# Handi-Rifles???



## Nick_T (Apr 26, 2005)

What's the verdict on'em? Thinkin about gettin one of the heavy barrel .223's for 'yotes. Are they accurate? 

Nick T


----------



## Jriley (Apr 26, 2005)

*Handi Rifle*

I bought a .30-06 Handi Rifle in 1991. I guess I was attracted to the low price and how "handy" it was. The rifle had a firing pin problem that I could never solve. It would fire some rounds fine, but others it wouldn't hit hard enough to fire. I took it to a gunsmith, he told me it was fixed and then the problem started again. I took it back and the same thing happened. Finally I gave up. I would steer clear of this rifle if I were you. There are some better choices. Unfortunately, none are as inexpensive.


----------



## Handgunner (Apr 26, 2005)

Nick, do a search on "Handi-Rifle" here... plenty of opinions on them.


----------



## CAL (Apr 26, 2005)

I had one in 223.It would never shoot in the same place twice for me.I think it shot about a 3 inch group.I would look further if you want good accuracy!


----------



## Nick_T (Apr 26, 2005)

Well, maybe I need to step it up to say a Savage 110V LH and go from there. Just lookin for something that would be pretty accurate out to 150yards and not break the bank. Thanks for the feed-back.

Nick T


----------



## gabowman (Apr 26, 2005)

Nick,

I bought a .243 Youth gun and couldnt get it sighted in for anything. First of all, the trigger was about a 7-8 lb. trigger pull so after trying to sight it in I carried it on over to a gunsmith along with my Rem. 700 and asked him to set the trigger as lite as my Rem. A few days later I picked up both rifles with about the same trigger pull ( just shy of 3 lbs) and started driving nails at 100 yards with the handi rifle. (My Rem is just over two lbs pull but the gunsmith went as low as he could go safely.) One thing that would have greatly improved the handi rifles would be an adjustable trigger.

GB


----------



## pete56 (Apr 27, 2005)

*Handi Rifle*

I have three all shot less than 11/2" at 100 yards and
I have never had any problems.Check greybeards
website.


----------



## Nugefan (Apr 27, 2005)

*maybe I got a good one*

picked up a H & R for my daughter in .223 with the bull barrel . ..put on an inexpensive  3 X 9 X 40 scope and it shoots great        maybe I got 1 that was made during the middle of the week


----------



## Zack attack (Apr 27, 2005)

*243*

I have got a 243 that shoots fine. At first I had some problems with the scope mounts but that was my own fault. I think it is a great gun for youth and smaller women.


----------



## Buzz (Apr 27, 2005)

It's a cheap lower quality firearm.   You may get one that shoots just fine or you may get one that is a piece of junk like other guys in this thread.   If you are looking to buy a rifle on a budget I would take a Savage over a pile of handi-rifles.


----------



## CAL (Apr 27, 2005)

Well said 7x57...........


----------



## Craig Knight (Apr 27, 2005)

Go ahead and get a Savage with the Accu-Trigger,You wont have any complaints and not that expensive either


----------



## tony2001577 (Apr 28, 2005)

i run a pawn shop and have sold lots of handi-rifles
most people love them !!
got one for my 5 year old son in 243 ,put on a red dot scope and harris bi- pod then cut 5" off the stock , he killed his 1st and 2nd deer this year with it !


----------



## BANDERSNATCH (Apr 28, 2005)

Tony,

Same here.  I purchased a Handi-rifle .243 from a friend for my 7-year-old son.  I'll admit that I don't get the greatest groups with it, but it groups good enough for the shots that my son will take.   He never shoots over 100 yards, and the 80 yard shots he's taken have been on the money!    Took a nice 200# 10Pt with it when he was 9 at 80+ yards.    
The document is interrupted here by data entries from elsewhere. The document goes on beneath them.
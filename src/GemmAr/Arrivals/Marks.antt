-- ===== src/GemmAr/Arrivals/Marks.antt =====
-- Which bits the tiles of an arrival set.
use m_kernel.Prelude.{
  ℕ, if◌then◌else◌, ◌+◌, leb, update, bit_or, ◌&&◌, ltb, ◌<◌, ◌≡◌, suc, min, zero, ℕ_discrete,
  arith, refl, ◌-◌, update_ne, ◌*◌, ◌/◌, ◌∙◌, ◌≤◌, ap, high_digit, sym,
}
use m_kernel.GemmAr.Arrivals.{mark_tiles, FusedGlobals, Arrived, mark_chunk, peer_bit}
use m_kernel.GemmAr.Arrivals.Published.{mark-mask}

-- The masks with a bit set in a range of chunks.
abbrev pub set_range : (lo k bit : ℕ) → (ℕ → ℕ) → ℕ → ℕ
set_range lo k bit mask x = if leb lo x && ltb x (lo + k) then bit_or (mask x) bit else mask x

set_range-next :
    (lo k bit : ℕ) (mask : ℕ → ℕ) (x : ℕ)
    → set_range (lo + 1) k bit (update mask lo (bit_or (mask lo) bit)) x
      ≡ set_range lo (suc k) bit mask x
set_range-next lo k bit mask x = elim (ℕ_discrete lo x) [
  | yes e ↦ rw e (ground arith)
  | no ne ↦ ground (arith, update_ne mask lo x (bit_or (mask lo) bit) ne)
]

mark_tiles-none :
    (rounds : ℕ) (g : FusedGlobals) (peer rb col work : ℕ) (s : Arrived)
    → work ≡ 0
    → mark_tiles rounds g peer rb col work s ≡ s
unfolding mark_tiles
mark_tiles-none zero g peer rb col work s none_left = refl
mark_tiles-none (suc rounds) g peer rb col work s none_left = rw none_left refl

-- One round, where there are tiles left in the row.
mark_tiles-round :
    (rounds : ℕ) (g : FusedGlobals) (peer rb col work : ℕ) (s : Arrived)
    → 0 < work
    → col < g.col_blocks
    → 0 < g.chunk_tiles
    → mark_tiles (suc rounds) g peer rb col work s
      ≡ mark_tiles rounds g peer rb
          (col + min work (min g.chunk_tiles (g.col_blocks - col)))
          (work - min work (min g.chunk_tiles (g.col_blocks - col)))
          (mark_chunk g peer (rb * g.chunks_per_row + col / g.chunk_tiles) s)
unfolding mark_tiles
mark_tiles-round rounds g peer rb col work s some room tiles = ground arith

-- The tiles of `k` chunks from chunk `c` of the row on.
abbrev pub tiles_of : FusedGlobals → (c k : ℕ) → ℕ
tiles_of g c k = min (k * g.chunk_tiles) (g.col_blocks - c * g.chunk_tiles)

-- The place of the first of these chunks.
abbrev pub chunk_at : FusedGlobals → (rb c : ℕ) → ℕ
chunk_at g rb c = rb * g.chunks_per_row + c

chunk_start :
    (g : FusedGlobals) (rb c : ℕ)
    → 0 < g.chunk_tiles
    → rb * g.chunks_per_row + c * g.chunk_tiles / g.chunk_tiles ≡ chunk_at g rb c
chunk_start g rb c tiles = ground (arith, high_digit g.chunk_tiles c 0 tiles)

same_rest :
    (rounds : ℕ) (g : FusedGlobals) (peer rb : ℕ) (s : Arrived) {a b v w x y : ℕ}
    → a ≡ b
    → v ≡ w
    → x ≡ y
    → mark_tiles rounds g peer rb a v (mark_chunk g peer x s)
      ≡ mark_tiles rounds g peer rb b w (mark_chunk g peer y s)
same_rest rounds g peer rb s e f h = cc (e, f, h)

first_round :
    (rounds : ℕ) (g : FusedGlobals) (peer rb c k : ℕ) (s : Arrived)
    → 0 < g.chunk_tiles
    → (c + k) * g.chunk_tiles < g.col_blocks
    → mark_tiles (suc rounds) g peer rb (c * g.chunk_tiles) (tiles_of g c (suc k)) s
      ≡ mark_tiles rounds g peer rb
          ((c + 1) * g.chunk_tiles)
          (tiles_of g (c + 1) k)
          (mark_chunk g peer (chunk_at g rb c) s)
first_round rounds g peer rb c zero s tiles room =
    mark_tiles-round rounds g peer rb (c * g.chunk_tiles) (tiles_of g c 1) s (omega arith)
      (omega arith) tiles
    ∙ same_rest rounds g peer rb s refl (omega arith) (chunk_start g rb c tiles)
    ∙ mark_tiles-none rounds g peer rb _ 0 (mark_chunk g peer (chunk_at g rb c) s) refl
    ∙ sym (
        mark_tiles-none rounds g peer rb ((c + 1) * g.chunk_tiles) (tiles_of g (c + 1) 0)
          (mark_chunk g peer (chunk_at g rb c) s) (omega arith))
first_round rounds g peer rb c (suc k) s tiles room =
    mark_tiles-round rounds g peer rb (c * g.chunk_tiles) (tiles_of g c (suc (suc k))) s
      (omega arith) (omega arith) tiles
    ∙ same_rest rounds g peer rb s (omega arith) (omega arith) (chunk_start g rb c tiles)

next_chunk : (g : FusedGlobals) (rb c : ℕ) → chunk_at g rb (c + 1) ≡ chunk_at g rb c + 1
next_chunk g rb c = omega arith

pub marks_group :
    (k rounds : ℕ) (g : FusedGlobals) (peer rb c : ℕ) (s : Arrived)
    → 0 < g.chunk_tiles
    → k ≤ rounds
    → ((j : ℕ) → j < k → (c + j) * g.chunk_tiles < g.col_blocks)
    → (x : ℕ)
    → (mark_tiles rounds g peer rb (c * g.chunk_tiles) (tiles_of g c k) s).remote_arrived_peer_mask
        x
      ≡ set_range (chunk_at g rb c) k (peer_bit peer) s.remote_arrived_peer_mask x
marks_group zero rounds g peer rb c s tiles le room x =
    ap (λ (t : Arrived). t.remote_arrived_peer_mask x)
      (mark_tiles-none rounds g peer rb (c * g.chunk_tiles) (tiles_of g c 0) s (omega arith))
    ∙ ground arith
marks_group (suc k) zero g peer rb c s tiles le room x = absurd (omega arith)
marks_group (suc k) (suc rounds) g peer rb c s tiles le room x =
    ap (λ (t : Arrived). t.remote_arrived_peer_mask x)
      (first_round rounds g peer rb c k s tiles (room k (omega arith)))
    ∙ marks_group k rounds g peer rb (c + 1) (mark_chunk g peer (chunk_at g rb c) s) tiles
        (omega arith) (λ j low. omega (arith, room (suc j) (omega arith))) x
    ∙ ap
        (λ lo.
          set_range lo k (peer_bit peer)
            (mark_chunk g peer (chunk_at g rb c) s).remote_arrived_peer_mask x)
        (next_chunk g rb c)
    ∙ ap (λ m. set_range (chunk_at g rb c + 1) k (peer_bit peer) m x)
        (mark-mask g peer (chunk_at g rb c) s)
    ∙ set_range-next (chunk_at g rb c) k (peer_bit peer) s.remote_arrived_peer_mask x
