-- ===== src/Types/Arrival.antt =====
-- The packed arrival word of types.h is read back exactly, and is never the "not ready" word.
use m_kernel.Prelude.{
  ℕ, ◌+◌, ◌-◌, ◌*◌, ◌/◌, ◌^◌, ◌≤◌, ◌<◌, ◌≡◌, ◌≢◌, arith, bit_or_low_high, bit_and_mask, ◌==◌,
  if◌then◌else◌,
}
use m_kernel.Types.{pack_arrival_work, unpack_arrival_first_tile, unpack_arrival_num_tiles}

-- The run as a positive number of tiles.
abbrev pub run_length : ℕ → ℕ
run_length n = if n == 0 then 1 else n

-- Within their fields, the two parts of the word add up.
pub pack_arrival_sum :
    (first n : ℕ)
    → first + 1 < 2 ^ 24
    → n ≤ 256
    → pack_arrival_work first n ≡ (run_length n - 1) * 2 ^ 24 + (first + 1)
unfolding pack_arrival_work
pack_arrival_sum first n hf hn =
    ground (arith, bit_or_low_high 24 (run_length n - 1) (first + 1) (omega arith))

-- A first tile below 2^24 - 1 and a run of at most 256 tiles are read back from the packed word
-- (an empty run as one tile), and the word is never the 0 of an empty slot.
pub unpack-pack_arrival :
    (first n : ℕ)
    → first + 1 < 2 ^ 24
    → n ≤ 256
    → (unpack_arrival_first_tile (pack_arrival_work first n) ≡ first)
      × (unpack_arrival_num_tiles (pack_arrival_work first n) ≡ run_length n)
      × (pack_arrival_work first n ≢ 0)
unfolding unpack_arrival_first_tile unpack_arrival_num_tiles
unpack-pack_arrival first n hf hn = ground (
  arith,
  pack_arrival_sum first n hf hn,
  bit_and_mask 24 (pack_arrival_work first n),
  bit_and_mask 8 (pack_arrival_work first n / 2 ^ 24),
)
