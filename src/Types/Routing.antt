-- ===== src/Types/Routing.antt =====
-- `peer_rank_for_slot` and `slot_at_peer` of types.h invert one another.
use m_kernel.Prelude.{ℕ, ◌+◌, ◌-◌, ◌<◌, ◌≡◌, ◌≢◌, arith, leb, if◌then◌else◌}
use m_kernel.Prelude.Int.{pos}
use m_kernel.Types.{peer_rank_for_slot, slot_at_peer}

-- The slot of `my_rank` in the table of `peer_rank`, as a number.
abbrev pub ring_slot : ℕ → ℕ → ℕ → ℕ
ring_slot my_rank peer_rank num_nodes =
    if leb (peer_rank + 1) my_rank
    then my_rank - (peer_rank + 1)
    else my_rank + num_nodes - (peer_rank + 1)

pub slot_at_peer-eq-ring_slot :
    (my_rank peer_rank num_nodes : ℕ)
    → my_rank < num_nodes
    → peer_rank < num_nodes
    → slot_at_peer my_rank peer_rank num_nodes ≡ pos (ring_slot my_rank peer_rank num_nodes)
unfolding slot_at_peer
slot_at_peer-eq-ring_slot m p n hm hp = ground arith

-- For two different ranks below `num_nodes`, the slot that a sender uses at a peer is one of the
-- `num_nodes - 1` slots of that peer, and the peer's own table maps it back to the sender.
pub rank-slot_at_peer :
    (my_rank peer_rank num_nodes : ℕ)
    → my_rank < num_nodes
    → peer_rank < num_nodes
    → my_rank ≢ peer_rank
    → (slot : ℕ) × (slot_at_peer my_rank peer_rank num_nodes ≡ pos slot)
      × (slot + 1 < num_nodes)
      × (peer_rank_for_slot peer_rank num_nodes slot ≡ my_rank)
unfolding peer_rank_for_slot
rank-slot_at_peer m p n hm hp ne =
    (ring_slot m p n, slot_at_peer-eq-ring_slot m p n hm hp, ground arith, ground arith)

-- The other way round: for a rank below `num_nodes` and one of its `num_nodes - 1` peer slots, the
-- rank in the slot is another rank below `num_nodes`, and it is found in that very slot.
pub slot-peer_rank :
    (node_idx num_nodes peer_slot : ℕ)
    → node_idx < num_nodes
    → peer_slot + 1 < num_nodes
    → (peer_rank_for_slot node_idx num_nodes peer_slot < num_nodes)
      × (peer_rank_for_slot node_idx num_nodes peer_slot ≢ node_idx)
      × (slot_at_peer (peer_rank_for_slot node_idx num_nodes peer_slot) node_idx num_nodes
          ≡ pos peer_slot)
unfolding peer_rank_for_slot slot_at_peer
slot-peer_rank i n s hi hs = (ground arith, ground arith, ground arith)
My opinion is that they are a great beginners rifle.

Bandy


----------



## Meriwether Mike (Apr 28, 2005)

Have been quite pleased with the one I bought for my son to deer hunt with in 30-30. It will shoot good for the price.


----------



## Just 1 More (May 5, 2005)

My daughter shoots a 7mm-08 handi rifle. I bought it new last season,, the first year for the 7mm-08... maybe we got lucky or they are building them better,, but this thing is a tack driver,, every time. She killer her first deer with it this past season.. perfect heart shot at 160 yards


----------



## Lead Poison (May 5, 2005)

*Personally, I'm not real fond of them...here's why*

I have two friends who purchased two different Handi-Rifles both chambered in 308 Win. 
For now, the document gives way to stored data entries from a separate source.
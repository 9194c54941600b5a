-- ===== src/GemmAr/Arrivals/Shape.antt =====
-- What the constants of the kernels have to be, and what chunks and arrival words are then decoded to.
use m_kernel.GemmAr.Chunks.{chunk_tiles, chunks_per_row, chunk_tiles-pos, chunk_decode}
use native.Mathlib.Nat.{mul-le-mul_right, mul-le-mul_left}
use m_kernel.Prelude.{
  ℕ, ◌<◌, arith, ◌*◌, ◌≡◌, min, sym, ◌+◌, high_digit, none, ◌-◌, ap, ◌^◌, ◌≤◌, ◌/◌, refl, suc, ◌∙◌,
  zero, div-mul-le_self,
}
use m_kernel.GemmAr.Arrivals.Sends.{device_decode, group_tiles, pack_first_tile}
use m_kernel.GemmAr.Arrivals.{FusedGlobals, Arrived, take_arrival, mark_tiles, int_or_zero}
use m_kernel.Types.{unpack_arrival_first_tile, unpack_arrival_num_tiles}
use m_kernel.GemmAr.Arrivals.Marks.{chunk_at, tiles_of}
use mathlib.Core.Path.{subst}

-- The constants of `fused_globals` as the host computes them, with no override of the chunk size,
-- and small enough for the fields of the arrival word.
pub record IsShape (g : FusedGlobals) : Type 0 where
  pub some_col : 0 < g.col_blocks
  pub tiles : g.chunk_tiles ≡ chunk_tiles none g.col_blocks
  pub per_row : g.chunks_per_row ≡ chunks_per_row none g.col_blocks
  pub total : g.total_tiles_per_device ≡ g.row_blocks_per_slice * g.col_blocks
  pub nodes : g.num_nodes ≤ 32
  pub fits : (g.num_nodes - 1) * g.total_tiles_per_device < 2 ^ 24

-- An arrival word that is read as `n` tiles from a tile of a row on.
pub take-eq :
    (g : FusedGlobals) (w peer rb col n : ℕ) (s : Arrived)
    → unpack_arrival_first_tile w ≡ peer * g.total_tiles_per_device + (rb * g.col_blocks + col)
    → unpack_arrival_num_tiles w ≡ n
    → peer * g.total_tiles_per_device + (rb * g.col_blocks + col) < 2 ^ 31
    → rb * g.col_blocks + col < g.total_tiles_per_device
    → col < g.col_blocks
    → n ≤ g.col_blocks - col
    → take_arrival g w s ≡ mark_tiles n g peer rb col n s
unfolding take_arrival
take-eq g w peer rb col n s first num word low_tile low_col short =
    rw (first_is, peer_is, local_is, rb_is, col_is, work_is) refl
  where
    first_is :
        int_or_zero (unpack_arrival_first_tile w)
        ≡ peer * g.total_tiles_per_device + (rb * g.col_blocks + col)
    first_is = ground (arith, first)

    peer_is :
        (peer * g.total_tiles_per_device + (rb * g.col_blocks + col)) / g.total_tiles_per_device
        ≡ peer
    peer_is = high_digit g.total_tiles_per_device peer (rb * g.col_blocks + col) low_tile

    local_is :
        peer * g.total_tiles_per_device
          + (rb * g.col_blocks + col)
          - peer * g.total_tiles_per_device
        ≡ rb * g.col_blocks + col
    local_is = omega arith

    rb_is : (rb * g.col_blocks + col) / g.col_blocks ≡ rb
    rb_is = high_digit g.col_blocks rb col low_col

    col_is : rb * g.col_blocks + col - rb * g.col_blocks ≡ col
    col_is = omega arith

    work_is : min (unpack_arrival_num_tiles w) (g.col_blocks - col) ≡ n
    work_is = omega (arith, num, short)

module _ (g : FusedGlobals) (shape : IsShape g) where
  pub tiles-pos : 0 < g.chunk_tiles
  tiles-pos = omega (arith, shape.tiles, chunk_tiles-pos none g.col_blocks shape.some_col)

  -- A chunk of a row begins in the row.
  pub chunk-room : (c : ℕ) → c < g.chunks_per_row → c * g.chunk_tiles < g.col_blocks
  unfolding chunks_per_row
  chunk-room c low = omega (arith, chunks-room, mul-le-mul_right g.chunk_tiles low, tiles-pos)
    where
      per_row_is : g.chunks_per_row ≡ (g.col_blocks + g.chunk_tiles - 1) / g.chunk_tiles
      per_row_is = shape.per_row ∙ ap (λ t. (g.col_blocks + t - 1) / t) (sym shape.tiles)

      chunks-room : g.chunks_per_row * g.chunk_tiles ≤ g.col_blocks + g.chunk_tiles - 1
      chunks-room =
          subst (λ x. x * g.chunk_tiles ≤ g.col_blocks + g.chunk_tiles - 1) (sym per_row_is)
            (div-mul-le_self (g.col_blocks + g.chunk_tiles - 1) g.chunk_tiles)

  module _ (rb c : ℕ) (low : c < g.chunks_per_row) where
    pub decode-rb : (device_decode g (chunk_at g rb c)).rb_in_slice ≡ rb
    unfolding chunk_decode
    decode-rb = rw (sym shape.per_row) (high_digit g.chunks_per_row rb c low)

    pub decode-col : (device_decode g (chunk_at g rb c)).col_start ≡ c * g.chunk_tiles
    unfolding chunk_decode
    decode-col =
        rw (sym shape.per_row, high_digit g.chunks_per_row rb c low)
          (ap (λ x. x * g.chunk_tiles) (omega arith))

    pub decode-tiles :
        (device_decode g (chunk_at g rb c)).tiles_this_chunk
        ≡ min g.chunk_tiles (g.col_blocks - c * g.chunk_tiles)
    unfolding chunk_decode
    decode-tiles = ap (λ col. min g.chunk_tiles (g.col_blocks - col)) decode-col

    pub decode-first : pack_first_tile g (chunk_at g rb c) ≡ rb * g.col_blocks + c * g.chunk_tiles
    decode-first = omega (arith, ap (λ x. x * g.col_blocks) decode-rb, decode-col)

  module _ (rb c k : ℕ) (some : 0 < k) (room : c + k ≤ g.chunks_per_row) where
    last_chunk : chunk_at g rb c + k - 1 ≡ chunk_at g rb (c + k - 1)
    last_chunk = omega arith

    -- The tiles of the chunks before the last one and those of the last one.
    pub group-tiles : group_tiles g (chunk_at g rb c) k ≡ tiles_of g c k
    group-tiles =
        ap (λ x. (k - 1) * g.chunk_tiles + (device_decode g x).tiles_this_chunk) last_chunk
        ∙ ap (λ x. (k - 1) * g.chunk_tiles + x) (decode-tiles rb (c + k - 1) (omega arith))
        ∙ sum k some (chunk-room (c + k - 1) (omega arith))
      where
        before : (k : ℕ) → c + suc k - 1 ≡ c + k
        before k = omega arith

        sum :
            (k : ℕ)
            → 0 < k
            → (c + k - 1) * g.chunk_tiles < g.col_blocks
            → (k - 1) * g.chunk_tiles
                + min g.chunk_tiles (g.col_blocks - (c + k - 1) * g.chunk_tiles)
              ≡ tiles_of g c k
        sum zero h lt = absurd (omega arith)
        sum (suc k) h lt = ground (arith, ap (λ x. x * g.chunk_tiles) (before k), lt)

    pub enough : k ≤ tiles_of g c k
    enough = omega (
      arith,
      mul-le-mul_left k tiles-pos,
      mul-le-mul_left (k - 1) tiles-pos,
      split (c + k - 1) c (k - 1) (omega arith),
      chunk-room (c + k - 1) (omega arith),
    )
      where
        split : (a b d : ℕ) → a ≡ b + d → a * g.chunk_tiles ≡ b * g.chunk_tiles + d * g.chunk_tiles
        split a b d e = rw e (omega arith)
Both rifles had these problems
1. Very poor accuracy  
2. Often failed to extract
3. Misfires

Based upon my own personal observations, I'd put my money on a different rifle even if it meant spending more.
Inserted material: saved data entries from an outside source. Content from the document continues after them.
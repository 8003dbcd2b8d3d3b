-- ===== src/Scheduler/Tests.antt =====
-- Runs of the scheduler's functions, and the theorems at a list of three threads.
use emos.Base.{true, ℕ, ◌-◌, ◌≡◌, refl, [], ◌∷◌, ◌==◌, if◌then◌else◌, arith, none, some}
use emos.Status.{Status}
use emos.Locks.{ThreadStatus, elem}
use emos.Locks.Chain.{IsChain}
use emos.Scheduler.{Threads, add_thread, set_current_thread, get_next_thread, remove_thread}
use emos.Scheduler.Next.{
  IsSplit, first_runnable, get_next_thread-first_runnable, get_next_thread-none,
}
use emos.Scheduler.Wake.{Waits, wake_loop, IsDue, wake_loop-IsDue}
use emos.Scheduler.Remove.{remove_thread-IsChain}

-- 3 → 2 → 1
abbrev down : ℕ → ℕ
down t = t - 1

abbrev first_blocked : ℕ → ThreadStatus
first_blocked t = if t == 3 then ThreadStatus.blocking else ThreadStatus.pending

abbrev all_finished : ℕ → ThreadStatus
all_finished t = ThreadStatus.finished

abbrev three : Threads
three = record { first_thread = 3; current_thread = 1; next = down; status = first_blocked }

abbrev stopped : Threads
stopped = record { first_thread = 3; current_thread = 2; next = down; status = all_finished }

add_thread_test : (add_thread 4 three).1.next 4 ≡ 3
unfolding add_thread
add_thread_test = refl

set_current_thread_test : (set_current_thread 2 three).1.current_thread ≡ 2
unfolding set_current_thread
set_current_thread_test = refl

three-IsSplit : IsSplit three (3 ∷ 2 ∷ []) []
three-IsSplit = record {
  chain = (refl, ground arith, (refl, ground arith, (refl, ground arith, refl)));
}

get_next_thread-first_runnable_example : get_next_thread 3 three ≡ some (Status.success, 2)
unfolding first_runnable
get_next_thread-first_runnable_example =
    get_next_thread-first_runnable 3 three (3 ∷ 2 ∷ []) [] 2 three-IsSplit (omega arith) refl

stopped-IsSplit : IsSplit stopped (3 ∷ []) (1 ∷ [])
stopped-IsSplit = record {
  chain = (refl, ground arith, (refl, ground arith, (refl, ground arith, refl)));
}

get_next_thread-none_example : get_next_thread 100 stopped ≡ none
unfolding first_runnable
get_next_thread-none_example =
    get_next_thread-none 100 stopped (3 ∷ []) (1 ∷ []) stopped-IsSplit refl

remove_thread-IsChain_example :
    (s' : Threads) × (remove_thread 1 2 stopped ≡ some (Status.success, s'))
    × IsChain s'.next s'.first_thread (3 ∷ 1 ∷ [])
    × (s'.current_thread ≡ 2)
    × (s'.status ≡ all_finished)
remove_thread-IsChain_example =
    remove_thread-IsChain 1 2 stopped 3 [] (1 ∷ []) refl stopped-IsSplit.chain
      (refl, (refl, (refl, tt))) (omega arith)

-- 3 waits for 2, which has finished.
abbrev one_waits : Waits
one_waits = record {
  status = λ t.
      if t == 3
      then ThreadStatus.waiting
      else if t == 2
      then ThreadStatus.finished
      else ThreadStatus.pending;
  wait_list = λ t. if t == 3 then some (some 2 ∷ none ∷ []) else none;
}

wake_loop-IsDue_example :
    (w' : Waits) × (wake_loop 4 down 3 one_waits ≡ some w')
    × ((x : ℕ)
        → elem x (3 ∷ 2 ∷ 1 ∷ []) ≡ true
        → IsDue one_waits x
        → w'.status x ≡ ThreadStatus.running)
    × ((x : ℕ)
        → ¬ ((elem x (3 ∷ 2 ∷ 1 ∷ []) ≡ true) × IsDue one_waits x)
        → w'.status x ≡ one_waits.status x)
wake_loop-IsDue_example =
    wake_loop-IsDue 4 down 3 (3 ∷ 2 ∷ 1 ∷ []) one_waits three-IsSplit.chain
      (refl, (refl, (refl, tt))) (omega arith)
I'd be MUCH happier buying a Savage, Winchester or Ruger bolt or Marlin lever action.  

Others have had much better luck with them, but not me.


----------



## Paddle (May 8, 2005)

I have the 30 06 and a 223. I'm a big fan of those rifles. I hunt with the 30 06 more that any other rifle I've got. Short and light weight. I took the 223 out to Wy dog shooting the first year and it was just as good as my buddies savage. I have since bought a Rem VSSF 223. Shoots great but I've got $1600 in it. You can order a trigger job from the factory for the Handi-Rifles. I had the 223 trigger adjusted down to 2 lbs. I have had no problems with either one. They shoot about a 1 1/2 group at 100 yards.
I'm going to get one for my son, I just have to figure out which cal. I thinking 30 30.
My cousin has a 30 06 also and he has not had any problems from his either. Again Great rifles. I think your into a Ford Vs Chevy deal.


----------



## Jdub (May 10, 2005)

Buddy of mine (devolve on here) just ordered a .243 with the bull barrel. We'll be sighting it in tomorrow, I'll post a report when we get back.


----------



## TreeJacker (May 14, 2005)

Never bought one myself....my buddies talked me out of it.  I know a few guys that have bought them but were not happy in the long run with accuracy issues.  One of the guys loves them and will not go with anything else.  I suppose you have to clearly define your goals of the gun.  I decided to run over to WallyMart and pick up their lowest cost model 700 Remingon.  I've never looked back.  Sure...it was $150 more than the handi rifle...but I don't now have a gun that I'm trying to dump on someone.  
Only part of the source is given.